Coronary angioplasty and stenting

What is the heart and how does it work?

The heart is a muscle inside your chest, which has valves and four chambers inside. The heart pumps blood around your body to your vital organs. It’s important that your organs receive blood filled with oxygen to keep them alive and working well. Your heart is wrapped in vessels called the coronary arteries, which provide your heart with the oxygen it needs to work properly.

What is coronary angioplasty and stenting?

The coronary arteries around your heart can become clogged and hardened with cholesterol (fat) over time. This can narrow or even block the arteries.

Coronary angioplasty is a procedure to open these vessels back up with a small inflatable balloon. Often, angioplasty is followed by stenting. This is when a small, metal tube is inserted into the vessel to keep it propped open. Stents are left in place for years to make sure the artery stays open, to make sure your heart gets a healthy supply of blood.

Why do I need a coronary angioplasty and stenting?

Angioplasty is the best test doctors have to look at the build-up of cholesterol in your coronary arteries, and it is commonly used to identify blockages and find out whether they need a stent.

Angioplasty and stenting can be performed when someone has symptoms of coronary artery disease, but isn’t acutely unwell. These are symptoms like chest pain and shortness of breath.

Coronary angioplasty and stenting is an excellent way to quickly treat a heart attack. When someone has a heart attack, one or more of their coronary arteries is blocked by a build-up of cholesterol. Angioplasty pushes this build-up out of the way, and stenting ensures the artery remains open.

What happens during the procedure?

This procedure happens in hospital. After cleaning and numbing the area, a special needle catheter (tube) is inserted into an artery in either your wrist or groin. The catheter is guided through your arteries towards your heart. Once the catheter is in the right place, contrast (dye) is injected through the tube and the doctor will look at X-ray scans of your heart to assess whether any of the vessels have narrowed or clogged shut.

If there is a significant build-up of cholesterol, a special balloon on the end of the catheter is inflated with air to expand inside your coronary artery. It compresses this cholesterol to the sides of the artery and increases the width of the artery, so blood can flow through more easily.

If your doctor thinks it’s necessary, a metal stent is inserted into your artery with the catheter. It’s expanded with a balloon to prop the artery open and stays in place for years. Most stents are coated with certain drugs to make sure blood doesn’t stick to it and form clots or other blockages. Once the stent has been placed, the catheter is removed from your wrist or groin and the area is covered with a clean dressing.

What are the alternatives?

The most common alternative to coronary angioplasty and stenting is a coronary artery bypass graft (CABG). This is when vessels are taken from elsewhere in your body and connected to your coronary arteries to provide better blood flow and oxygen supply to your heart. This is open heart surgery, and takes much longer, requires you to go on bypass, and has higher risks. Like angioplasty and stenting, open heart surgery is an excellent treatment for a heart attack, and treats coronary artery disease effectively.

Non-operative management is an option for relief of symptoms, however it will not cure your coronary artery disease. A combination of medications and lifestyle changes can be helpful if you choose not to have any procedure, and your doctor can discuss these with you.

What are the risks of angioplasty and stenting?
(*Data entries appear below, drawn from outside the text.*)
-- ===== src/Api/Groups.antt =====
-- The messages of monitor groups and notify groups in internal/connectapi/conv.go. Those of an alert policy
-- and of a channel have the fields of the documents.
use neo_line.Prelude.{ℕ, zero, suc, ◌≡◌, refl, ap, false, Option, none, some, List, [], ◌∷◌, map}
use neo_line.Monitoring.Types.{AlertChannel, NotifyGroup, AlertPolicy, MonitorGroup}
use neo_line.Api.Convert.{time_to_ts, ts_to_time, MonitorGroupMessage, NotifyGroupMessage}

unfoldable pub alert_policy_to_proto : AlertPolicy → AlertPolicy
alert_policy_to_proto p = record {
  enabled = p.enabled;
  notify_group_ids = p.notify_group_ids;
  on_down = p.on_down;
  on_recover = p.on_recover;
  on_warning = p.on_warning;
  on_critical = p.on_critical;
  min_interval_seconds = p.min_interval_seconds;
}

abbrev pub no_policy : AlertPolicy
no_policy = record {
  enabled = false;
  notify_group_ids = [];
  on_down = false;
  on_recover = false;
  on_warning = false;
  on_critical = false;
  min_interval_seconds = 0;
}

unfoldable pub alert_policy_from_proto : Option AlertPolicy → AlertPolicy
alert_policy_from_proto none = no_policy
alert_policy_from_proto (some p) = record {
  enabled = p.enabled;
  notify_group_ids = p.notify_group_ids;
  on_down = p.on_down;
  on_recover = p.on_recover;
  on_warning = p.on_warning;
  on_critical = p.on_critical;
  min_interval_seconds = p.min_interval_seconds;
}

unfoldable pub monitor_group_to_proto : MonitorGroup → MonitorGroupMessage
unfolding alert_policy_to_proto time_to_ts
monitor_group_to_proto g = record {
  id = g.id;
  name = g.name;
  description = g.description;
  sort_order = g.sort_order;
  alert_policy = some (alert_policy_to_proto g.alert_policy);
  created_at = time_to_ts g.created_at;
  updated_at = time_to_ts g.updated_at;
}

unfoldable pub monitor_group_from_proto : Option MonitorGroupMessage → MonitorGroup
unfolding alert_policy_from_proto ts_to_time
monitor_group_from_proto none = record {
  id = "";
  name = "";
  description = "";
  sort_order = 0;
  alert_policy = no_policy;
  created_at = 0;
  updated_at = 0;
}
monitor_group_from_proto (some p) = record {
  id = p.id;
  name = p.name;
  description = p.description;
  sort_order = p.sort_order;
  alert_policy = alert_policy_from_proto p.alert_policy;
  created_at = ts_to_time p.created_at;
  updated_at = ts_to_time p.updated_at;
}

unfoldable pub alert_channel_to_proto : AlertChannel → AlertChannel
alert_channel_to_proto c = record { kind = c.kind; target = c.target; extra = c.extra }

unfoldable pub alert_channel_from_proto : AlertChannel → AlertChannel
alert_channel_from_proto c = record { kind = c.kind; target = c.target; extra = c.extra }

unfoldable pub notify_group_to_proto : NotifyGroup → NotifyGroupMessage
unfolding alert_channel_to_proto time_to_ts
notify_group_to_proto g = record {
  id = g.id;
  name = g.name;
  description = g.description;
  channels = map alert_channel_to_proto g.channels;
  created_at = time_to_ts g.created_at;
  updated_at = time_to_ts g.updated_at;
}

unfoldable pub notify_group_from_proto : Option NotifyGroupMessage → NotifyGroup
unfolding alert_channel_from_proto ts_to_time
notify_group_from_proto none = record {
  id = "";
  name = "";
  description = "";
  channels = [];
  created_at = 0;
  updated_at = 0;
}
notify_group_from_proto (some p) = record {
  id = p.id;
  name = p.name;
  description = p.description;
  channels = map alert_channel_from_proto p.channels;
  created_at = ts_to_time p.created_at;
  updated_at = ts_to_time p.updated_at;
}

ts_to_time-time_to_ts : (t : ℕ) → ts_to_time (time_to_ts t) ≡ t
unfolding ts_to_time time_to_ts
ts_to_time-time_to_ts zero = refl
ts_to_time-time_to_ts (suc t) = refl

channels-same :
    (cs : List AlertChannel) → map alert_channel_from_proto (map alert_channel_to_proto cs) ≡ cs
unfolding alert_channel_from_proto alert_channel_to_proto
channels-same [] = refl
channels-same (c ∷ cs) = ap (λ ds. c ∷ ds) (channels-same cs)

-- A monitor group and a notify group that are sent and read back are what they were, with their times.
pub groups-from_to_proto :
    (g : MonitorGroup) (n : NotifyGroup)
    → (monitor_group_from_proto (some (monitor_group_to_proto g)) ≡ g)
      × (notify_group_from_proto (some (notify_group_to_proto n)) ≡ n)
unfolding monitor_group_from_proto monitor_group_to_proto notify_group_from_proto
    notify_group_to_proto alert_policy_from_proto alert_policy_to_proto
groups-from_to_proto g n = (
  λ i. record g {
    created_at = ts_to_time-time_to_ts g.created_at i;
    updated_at = ts_to_time-time_to_ts g.updated_at i;
  },
  λ i. record n {
    channels = channels-same n.channels i;
    created_at = ts_to_time-time_to_ts n.created_at i;
    updated_at = ts_to_time-time_to_ts n.updated_at i;
  },
)
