-- ===== src/Mongo/Documents.antt =====
-- The documented effect of the driver's calls on the documents of one collection, in natural order.
use neo_line.Prelude.{
  ℕ, Bool, Option, none, some, List, [], ◌∷◌, if◌then◌else◌, Result, err, DriverError, driver, any,
  All,
}

-- How one write ends: it takes effect and says so, it is refused with nothing changed, or it takes
-- effect and the reply is lost.
pub data Outcome : Type 0 where
  done : Outcome
  rejected : DriverError → Outcome
  unacknowledged : DriverError → Outcome

abbrev pub perform {ℓ κ} : {S : Type ℓ} {R : Type κ} → Outcome → S → S → Result R → S × Result R
perform done s s' r = (s', r)
perform (rejected e) s s' r = (s, err (driver e))
perform (unacknowledged e) s s' r = (s', err (driver e))

-- How one read ends.
abbrev pub answer {ℓ} : {R : Type ℓ} → Option DriverError → Result R → Result R
answer none r = r
answer (some e) r = err (driver e)

module _ {ℓ} {A : Type ℓ} where
  unfoldable pub update_first : (A → Bool) → (A → A) → List A → List A
  update_first p f [] = []
  update_first p f (x ∷ xs) = let rest = update_first p f xs in if p x then f x ∷ xs else x ∷ rest

  unfoldable pub update_all : (A → Bool) → (A → A) → List A → List A
  update_all p f [] = []
  update_all p f (x ∷ xs) = let rest = update_all p f xs in (if p x then f x else x) ∷ rest

  unfoldable pub delete_first : (A → Bool) → List A → List A
  delete_first p [] = []
  delete_first p (x ∷ xs) = let rest = delete_first p xs in if p x then xs else x ∷ rest

  unfoldable pub delete_all : (A → Bool) → List A → List A
  delete_all p [] = []
  delete_all p (x ∷ xs) = let rest = delete_all p xs in if p x then rest else x ∷ rest

  -- `MatchedCount` of an update of one document.
  abbrev pub matched : (A → Bool) → List A → ℕ
  matched p xs = if any p xs then 1 else 0

-- Every old document stands where it stood, related to what it was; new ones stand behind.
abbrev pub Evolves : {A : Type 0} → (A → A → Type 0) → (A → Type 0) → List A → List A → Type 0
Evolves R N [] ys = All N ys
Evolves R N (x ∷ xs) [] = ⊥
Evolves R N (x ∷ xs) (y ∷ ys) = R x y × Evolves R N xs ys
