-- ===== src/Mongo.antt =====
-- The MongoDB driver (go.mongodb.org/mongo-driver/v2), which internal/store calls. It is not part of
-- the repository, so a collection is a parameter: its calls, and what the server documents of them.
-- A write to one document is atomic: it takes effect wholly or not at all, also where its reply is
-- lost. A write to many documents that fails has been applied to some of them.
pub mod Documents
pub mod Laws
use neo_line.Mongo.Documents.{done}
use neo_line.Prelude.{
  refl, not, is_some, ℕ, zero, suc, ◌≡◌, Bool, true, false, ◌&&◌, Option, none, some, List, [], ◌∷◌,
  ◌++◌, if◌then◌else◌, Result, ok, err, or_none, Error, no_documents, DriverError, duplicate_key,
  failed, driver, count_if, first, any, select,
}
use mathlib.Core.Option
use Documents.{
  Outcome, done, perform, answer, update_first, update_all, delete_first, delete_all, matched,
}

-- A write to many documents: it reports the number of documents, or has changed those of `q`.
abbrev pub perform_many :
    {A : Type 0}
    → Option DriverError
    → (A → Bool)
    → ((A → Bool) → List A)
    → ((A → Bool) → ℕ)
    → (A → Bool)
    → List A × Result ℕ
perform_many none q write tally p = (write p, ok (tally p))
perform_many (some e) q write tally p = (write (λ a. p a && q a), err (driver e))

-- Whether the server refuses the update `f` of the document that it would change.
abbrev pub refuses : {A : Type 0} → (A → Bool) → (A → Option A) → List A → Bool
refuses p f c = elim (first p c) [ none ↦ false | some a ↦ not (is_some (f a)) ]

pub record Collection (A : Type 0) : Type 0 where
  -- Whether the unique indexes refuse the two documents side by side.
  pub clash : A → A → Bool
  pub find_one : (A → Bool) → List A → Result A
  pub find_one_lem :
      (p : A → Bool) (c : List A)
      → (o : Option DriverError) × (find_one p c ≡ answer o (or_none (first p c)))
  pub find : (A → Bool) → List A → Result (List A)
  pub find_lem :
      (p : A → Bool) (c : List A)
      → (o : Option DriverError) × (find p c ≡ answer o (ok (select p c)))
  pub count_documents : (A → Bool) → List A → Result ℕ
  pub count_documents_lem :
      (p : A → Bool) (c : List A)
      → (o : Option DriverError) × (count_documents p c ≡ answer o (ok (count_if p c)))
  pub insert_one : A → List A → List A × Result (Unit {0})
  pub insert_one_lem :
      (a : A) (c : List A)
      → (o : Outcome) × (insert_one a c ≡ (
          if any (clash a) c
          then (c, err (driver duplicate_key))
          else perform o c (c ++ a ∷ []) (ok tt)))
  pub update_one : (A → Bool) → (A → A) → List A → List A × Result ℕ
  pub update_one_lem :
      (p : A → Bool) (f : A → A) (c : List A)
      → (o : Outcome) × (update_one p f c ≡ perform o c (update_first p f c) (ok (matched p c)))
  -- An update that is refused at some documents, such as `$addToSet` at a field that is no array.
  pub try_update_one : (A → Bool) → (A → Option A) → List A → List A × Result ℕ
  pub try_update_one_lem :
      (p : A → Bool) (f : A → Option A) (c : List A)
      → (o : Outcome) × (e : DriverError) × (try_update_one p f c ≡ (
          if refuses p f c
          then (c, err (driver e))
          else perform o c (update_first p (λ a. Option.get_or (f a) a) c) (ok (matched p c))))
  -- With the option that returns the document after the update.
  pub find_one_and_update : (A → Bool) → (A → A) → List A → List A × Result A
  pub find_one_and_update_lem :
      (p : A → Bool) (f : A → A) (c : List A)
      → (o : Outcome) × (find_one_and_update p f c
          ≡ perform o c (update_first p f c) (or_none (Option.map f (first p c))))
  pub update_many : (A → Bool) → (A → A) → List A → List A × Result ℕ
  pub update_many_lem :
      (p : A → Bool) (f : A → A) (c : List A)
      → (o : Option DriverError) × (q : A → Bool) × (update_many p f c
          ≡ perform_many o q (λ r. update_all r f c) (λ r. count_if r c) p)
  pub delete_one : (A → Bool) → List A → List A × Result ℕ
  pub delete_one_lem :
      (p : A → Bool) (c : List A)
      → (o : Outcome) × (delete_one p c ≡ perform o c (delete_first p c) (ok (matched p c)))
  pub delete_many : (A → Bool) → List A → List A × Result ℕ
  pub delete_many_lem :
      (p : A → Bool) (c : List A)
      → (o : Option DriverError) × (q : A → Bool) × (delete_many p c
          ≡ perform_many o q (λ r. delete_all r c) (λ r. count_if r c) p)

-- A collection in memory, whose calls never fail: the documented behaviour can be met.
unfoldable pub memory : {A : Type 0} → (A → A → Bool) → Collection A
memory clash = record {
  clash = clash;
  find_one = λ p c. or_none (first p c);
  find_one_lem = λ p c. (none, refl);
  find = λ p c. ok (select p c);
  find_lem = λ p c. (none, refl);
  count_documents = λ p c. ok (count_if p c);
  count_documents_lem = λ p c. (none, refl);
  insert_one =
      λ a c. if any (clash a) c then (c, err (driver duplicate_key)) else (c ++ a ∷ [], ok tt);
  insert_one_lem = λ a c. (done, refl);
  update_one = λ p f c. (update_first p f c, ok (matched p c));
  update_one_lem = λ p f c. (done, refl);
  try_update_one = λ p f c.
      if refuses p f c
      then (c, err (driver (failed 0)))
      else (update_first p (λ a. Option.get_or (f a) a) c, ok (matched p c));
  try_update_one_lem = λ p f c. (done, failed 0, refl);
  find_one_and_update = λ p f c. (update_first p f c, or_none (Option.map f (first p c)));
  find_one_and_update_lem = λ p f c. (done, refl);
  update_many = λ p f c. (update_all p f c, ok (count_if p c));
  update_many_lem = λ p f c. (none, (λ _. true), refl);
  delete_one = λ p c. (delete_first p c, ok (matched p c));
  delete_one_lem = λ p c. (done, refl);
  delete_many = λ p c. (delete_all p c, ok (count_if p c));
  delete_many_lem = λ p c. (none, (λ _. true), refl);
}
  • Bruising and soreness at the injection site
  • Reaction to the contrast used
  • Blood clots inside the stent
  • Re-narrowing of the coronary arties
  • Infection where the needle is inserted into your wrist or groin
  • Bleeding or damage to your blood vessels
  • Abnormal rhythms of the heart, which may require pacemaker insertion
  • Stroke
  • Kidney injury
  • Blocked coronary artery
  • Death

What do I need to do after the procedure?
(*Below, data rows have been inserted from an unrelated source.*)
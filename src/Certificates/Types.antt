-- ===== src/Certificates/Types.antt =====
-- The documents of the certificate collections: internal/store/managed_certificates.go and
-- internal/store/certificate_operations.go. A `time.Time` is a count of nanoseconds, a nil pointer or
-- a missing field is `none`, and the string constants of a field are the constructors of a type.
use neo_line.Prelude.{ℕ, Bool, true, false, ◌&&◌, ◌||◌, String, ◌==◌, Option, List, ◌≡◌}
use neo_line.Mongo.{Collection}

pub record IssueConfigSnapshot : Type 0 where
  pub domains : List String
  pub certificate_issuer_id : String
  pub dns_provider_account_id : String
  pub key_type : String

pub record CertificateVersion : Type 0 where
  pub id : String
  pub config_snapshot : IssueConfigSnapshot
  pub fullchain_pem : String
  pub private_key_pem : String
  pub leaf_fingerprint : String
  pub serial_number : String
  pub issuer_common_name : String
  pub not_before : ℕ
  pub not_after : ℕ
  pub key_type : String
  pub staging_untrusted : Bool
  pub certificate_issuer_id : String
  pub revoke_pending : Bool
  pub revoked_at : Option ℕ
  pub created_at : ℕ

-- internal/store/certificate_notifications.go. A field that is omitted while empty reads as empty.
pub record CertificateNotificationState : Type 0 where
  pub had_operation_failure : Bool
  pub last_fail_notified_at : Option ℕ
  pub seven_day_reminder_version_id : String
  pub expired_notified_version_id : String
  pub last_notification_warning : String
  pub last_notification_warning_at : Option ℕ

pub record ManagedCertificate : Type 0 where
  pub id : String
  pub name : String
  pub domains : List String
  pub certificate_issuer_id : String
  pub dns_provider_account_id : String
  pub key_type : String
  pub auto_renew_enabled : Bool
  pub renew_before_days : ℕ
  pub notify_group_ids : List String
  pub server_ids : List String
  pub active_version : Option CertificateVersion
  pub previous_version : Option CertificateVersion
  pub notification_state : Option CertificateNotificationState
  pub created_at : ℕ
  pub updated_at : ℕ

pub data OperationType : Type 0 where
  issue renew revoke : OperationType

pub data OperationStatus : Type 0 where
  pending running succeeded failed : OperationStatus

pub record DnsChallengeRecord : Type 0 where
  pub domain : String
  pub token : String
  pub key_auth : String

-- The stored field `pending_txt_records`: omitted while empty, set to null, or an array.
pub data TxtRecords : Type 0 where
  absent null : TxtRecords
  records : List DnsChallengeRecord → TxtRecords

pub record CertificateOperation : Type 0 where
  pub id : String
  pub managed_certificate_id : String
  pub kind : OperationType
  pub status : OperationStatus
  pub attempt_count : ℕ
  pub consecutive_failures : ℕ
  pub config_snapshot : IssueConfigSnapshot
  pub error_summary : String
  pub warning : String
  pub lease_owner : String
  pub lease_expires_at : Option ℕ
  pub pending_txt_records : TxtRecords
  pub target_version_id : String
  pub revoke_reason : ℕ
  pub started_at : Option ℕ
  pub finished_at : Option ℕ
  pub next_attempt_at : Option ℕ
  pub deadline_at : Option ℕ
  pub created_at : ℕ
  pub updated_at : ℕ

abbrev pub is_pending : OperationStatus → Bool
is_pending pending = true
is_pending _ = false

abbrev pub is_running : OperationStatus → Bool
is_running running = true
is_running _ = false

-- `CertOpInFlightStatuses`.
abbrev pub in_flight : OperationStatus → Bool
in_flight pending = true
in_flight running = true
in_flight _ = false

abbrev pub type_beq : OperationType → OperationType → Bool
type_beq issue issue = true
type_beq renew renew = true
type_beq revoke revoke = true
type_beq _ _ = false

-- The unique indexes of `EnsureCertificateOperationIndexes`: the id, and the certificate among the
-- operations in flight.
unfoldable pub operation_clash : CertificateOperation → CertificateOperation → Bool
operation_clash a b =
    a.id == b.id
    || (in_flight a.status
        && in_flight b.status
        && a.managed_certificate_id == b.managed_certificate_id)

-- The unique indexes of `EnsureManagedCertificateIndexes`.
unfoldable pub certificate_clash : ManagedCertificate → ManagedCertificate → Bool
certificate_clash a b = a.id == b.id || a.name == b.name

-- The two collections, with the indexes that the program creates at its start.
pub record Database : Type 0 where
  pub operations : Collection CertificateOperation
  pub certificates : Collection ManagedCertificate
  pub operations_indexed : operations.clash ≡ operation_clash
  pub certificates_indexed : certificates.clash ≡ certificate_clash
You might be asked to stay in hospital overnight after your angioplasty and stenting so the doctors and nurses can keep an eye on your recovery. You won’t be able to drive for two days so should arrange to have someone drive you home.
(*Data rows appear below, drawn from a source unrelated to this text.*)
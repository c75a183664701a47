-- ===== src/Certificates/Store.antt =====
-- The state of the two collections, and methods on it: a method of `MongoStore` returns the new state
-- and its result, and stops at the first error, with what was written before it kept.
use neo_line.Prelude.{ℕ, Bool, true, false, List, Result, ok, err, Error}
use neo_line.Certificates.Types.{CertificateOperation, ManagedCertificate}

pub record Store : Type 0 where
  pub operations : List CertificateOperation
  pub certificates : List ManagedCertificate

abbrev pub Method : Type 0 → Type 0
Method A = Store → Store × Result A

module _ {A : Type 0} where
  unfoldable pub return : A → Method A
  return a s = (s, ok a)

  unfoldable pub throw : Error → Method A
  throw e s = (s, err e)

  unfoldable pub from : Result A → Method A
  from r s = (s, r)

  -- A method on one of the two collections.
  unfoldable pub on_operations :
      (List CertificateOperation → List CertificateOperation × Result A) → Method A
  on_operations m s = let (c, r) = m s.operations in (record s { operations = c }, r)

  unfoldable pub on_certificates :
      (List ManagedCertificate → List ManagedCertificate × Result A) → Method A
  on_certificates m s = let (c, r) = m s.certificates in (record s { certificates = c }, r)

  unfoldable pub read_operations : (List CertificateOperation → Result A) → Method A
  read_operations q s = (s, q s.operations)

  unfoldable pub read_certificates : (List ManagedCertificate → Result A) → Method A
  read_certificates q s = (s, q s.certificates)

infixl 5 ◌>>=◌ ◌>>◌
unfoldable pub ◌>>=◌ : {A B : Type 0} → Method A → (A → Method B) → Method B
◌>>=◌ m f s = let (s', r) = m s in elim r [ ok a ↦ f a s' | err e ↦ (s', err e) ]

unfoldable pub ◌>>◌ : {B : Type 0} → Method (Unit {0}) → Method B → Method B
unfolding ◌>>=◌
m >> k = m >>= λ _. k

unfoldable pub require : Bool → Error → Method (Unit {0})
unfolding return throw
require true e = return tt
require false e = throw e

-- `res.MatchedCount == 0` is an error of the caller's.
unfoldable pub require_matched : ℕ → Error → Method (Unit {0})
unfolding return throw
require_matched ℕ.zero e = throw e
require_matched (ℕ.suc n) e = return tt

-- Runs a method; a proof that says `unfolding execute` computes through all of the above.
unfoldable pub execute : {A : Type 0} → Method A → Store → Store × Result A
unfolding return throw from on_operations on_certificates read_operations read_certificates ◌>>=◌
    ◌>>◌ require require_matched
execute m s = m s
You will likely have bruising and pain where the needle was inserted into your wrist or groin and this can last up to two weeks. Try to avoid bathing or swimming for five days. You can resume normal activities within two days but avoid heavy lifting for a week. Visit your doctor straight away if you notice pain, oozing, numbness, coldness or persistent bleeding from the injection site.

If you had a stent inserted, you will need to take a blood thinning medication. Most often, it will be a combination of Aspirin and another anti-platelet medication like clopidogrel (Plavix). You will need to take this medication long-term.

Whilst coronary angiography and stenting is an excellent way to treat coronary artery disease, lifestyle changes are an essential part of your treatment. Your doctor will prescribe medications that suit your needs. It’s important to continue gently exercising as much as you can tolerate – walks are a great daily activity. You are also strongly encouraged to get involved with cardiac rehabilitation after your procedure as it has been shown to significantly improve survival.